Lee wanted to try the banjo, but he did not want to buy one and doesn’t know anyone who has one. He was the first customer of the Music Instrument Collection, checking out the banjo for three weeks — not enough time to become the next Earl Scruggs, but enough to get a feel for it.

Because lending musical instruments invariably involves costly repairs, very few public libraries offer them. The Free Library has allotted a small budget for damage, but most minor repairs (broken strings, loose bridges, etc.) will fall to the librarian who hatched the idea, Perry Genovesi.

Genovesi works in the Free Library’s music department, and, when off the clock, plays bass in a few West Philadelphia punk and art-rock bands.

“In the library community it cleaves two ways: there are folks that say, ‘This is ridiculous. All the instruments are going to be broken,'” he said. “The other camp is so on board and there are folks that want to replicate it.”

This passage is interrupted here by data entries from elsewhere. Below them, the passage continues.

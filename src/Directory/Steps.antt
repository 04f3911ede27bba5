-- ===== src/Directory/Steps.antt =====
-- The steps of `createOrOpenInternal`, and the creation below a parent.
use Prim.Native.String.{String}
use foundationdb_effect.Prelude.{
  ℕ, suc, ◌≡◌, inl, inr, refl, sym, subst, Bool, true, false, Option, none, some, [], ◌==◌, length,
  Bool-cases, if◌then◌else◌,
}
use foundationdb_effect.Prelude.Result.{Result, ok, err, map_ok}
use foundationdb_effect.Bytes.{Bytes, IsBytes}
use foundationdb_effect.Directory.{check_version}
use foundationdb_effect.Directory.State.{
  DirectoryError, DirectoryPath, DirectoryLayer, Nodes, Database, put_at, nodes_of, DirectoryOutput,
  directory_subspace, directory_partition,
}
use foundationdb_effect.Directory.Free.{keys, Member}
use foundationdb_effect.Directory.Consistent.{WellFormed, AllWellFormed, put_at-All, at-put_at}
use foundationdb_effect.Directory.Kept.{create_under-kept}
use foundationdb_effect.Directory.Create.{
  Surroundings, decided, in_partition, missing, decide, last_component, parent_path, create_under,
  create_below, create_or_open,
}
use foundationdb_effect.Directory.Opens.{Outside, Kept, Kept-of_result}

module _ (around : Surroundings) where
  pub create_or_open_decided :
      (fuel : ℕ) (layer : DirectoryLayer) (path : DirectoryPath) (prefix expected : Option Bytes)
      (ac ao : Bool) (db : Database) (r : Result DirectoryError DirectoryOutput)
      → decide layer path prefix expected ac ao (nodes_of layer db) ≡ decided r
      → create_or_open around (suc fuel) layer path prefix expected ac ao db
        ≡ some (map_ok (λ output. (output, db)) r)
  unfolding create_or_open
  create_or_open_decided fuel layer path prefix expected ac ao db r e = rw (e, create_or_open) refl

  pub create_or_open_inside :
      (fuel : ℕ) (layer : DirectoryLayer) (path : DirectoryPath) (prefix expected : Option Bytes)
      (ac ao : Bool) (db : Database) (inner : DirectoryLayer) (subpath : DirectoryPath)
      → decide layer path prefix expected ac ao (nodes_of layer db) ≡ in_partition inner subpath
      → create_or_open around (suc fuel) layer path prefix expected ac ao db
        ≡ create_or_open around fuel inner subpath (if ac then prefix else none) expected ac ao db
  unfolding create_or_open
  create_or_open_inside fuel layer path prefix expected ac ao db inner subpath e =
      rw (e, create_or_open) refl

  -- What `createOrOpenInternal` does with a path that is not found.
  abbrev pub create_missing :
      ℕ
      → DirectoryLayer
      → DirectoryPath
      → Option Bytes
      → Option Bytes
      → String
      → Nodes
      → Database
      → Option (Result DirectoryError (DirectoryOutput × Database))
  create_missing fuel layer path prefix expected name nodes db =
      let db' = put_at layer.node_prefix nodes db in
      if length (parent_path path) == 0
      then some (create_under around layer path name prefix expected layer.node_prefix db')
      else create_below around layer path name prefix expected
          (create_or_open around fuel layer (parent_path path) none none true true db')

  pub create_or_open_missing :
      (fuel : ℕ) (layer : DirectoryLayer) (path : DirectoryPath) (prefix expected : Option Bytes)
      (ac ao : Bool) (db : Database) (name : String) (nodes : Nodes)
      → decide layer path prefix expected ac ao (nodes_of layer db) ≡ missing
      → last_component path ≡ some name
      → check_version layer true (nodes_of layer db) ≡ ok nodes
      → create_or_open around (suc fuel) layer path prefix expected ac ao db
        ≡ create_missing fuel layer path prefix expected name nodes db
  unfolding create_or_open
  create_or_open_missing fuel layer path prefix expected ac ao db name nodes e last checked =
      rw (e, create_or_open, last, checked) refl

  pub Kept-create_missing :
      (fuel : ℕ) (layer : DirectoryLayer) (path : DirectoryPath) (prefix expected : Option Bytes)
      (name : String) (nodes nodes' : Nodes) (db : Database)
      → AllWellFormed db
      → IsBytes layer.content_prefix
      → ((p : Bytes) → prefix ≡ some p → IsBytes p)
      → WellFormed layer.node_prefix nodes
      → Member layer.node_prefix (keys nodes)
      → ((length (parent_path path) == 0) ≡ false
          → Kept layer (parent_path path) nodes (
              create_or_open around fuel layer
                (parent_path path)
                none
                none
                true
                true
                (put_at layer.node_prefix nodes db))
            × Outside layer (parent_path path) nodes)
      → Kept layer path nodes' (create_missing fuel layer path prefix expected name nodes db)
  Kept-create_missing fuel layer path prefix expected name nodes nodes' db w content given well
        member below =
      let db' = put_at layer.node_prefix nodes db in
      let w' = put_at-All (λ root nodes. WellFormed root nodes) layer.node_prefix nodes db w well in
      let written = at-put_at [] layer.node_prefix nodes db in
      elim (Bool-cases (length (parent_path path) == 0)) [
        | inl top ↦ rw top (
            Kept-of_result layer path nodes' _ (λ output db'' e.
              create_under-kept around layer path name prefix expected layer.node_prefix db' output
                db'' w' content given
                (subst (λ ns. Member layer.node_prefix (keys ns)) (sym written) member) e))
        | inr deep ↦
            let (kept, outside) = below deep in
            rw deep (
              Kept-create_below layer path name prefix expected nodes nodes' content given _ kept
                outside)
      ]
    where
      Kept-create_below :
          (layer : DirectoryLayer) (path : DirectoryPath) (name : String)
          (prefix expected : Option Bytes) (nodes nodes' : Nodes)
          → IsBytes layer.content_prefix
          → ((p : Bytes) → prefix ≡ some p → IsBytes p)
          → (parent : Option (Result DirectoryError (DirectoryOutput × Database)))
          → Kept layer (parent_path path) nodes parent
          → Outside layer (parent_path path) nodes
          → Kept layer path nodes' (create_below around layer path name prefix expected parent)
      Kept-create_below layer path name prefix expected nodes nodes' content given none k outside =
          k
      Kept-create_below layer path name prefix expected nodes nodes' content given (some (err _)) k
            outside =
          tt
      Kept-create_below layer path name prefix expected nodes nodes' content given
            (some (ok (directory_partition _ _, db))) k outside =
          tt
      Kept-create_below layer path name prefix expected nodes nodes' content given
            (some (ok (directory_subspace _ parent _, db))) (w, inside) outside =
          Kept-of_result layer path nodes' _ (λ output db' e.
            create_under-kept around layer path name prefix expected parent db output db' w content
              given (inside outside) e)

The Musical Instrument Collection will not just benefit library patrons. As soon as the concept was approved by Genovesi’s bosses, other library departments — like children’s and culinary — wanted to borrow instruments for their own special programming inside the library.

“I have a secret objective to rebuild the Gamble and Huff empire, making an army of Philadelphia musicians armed with instruments,” he said. “To make Philadelphia a city of music.”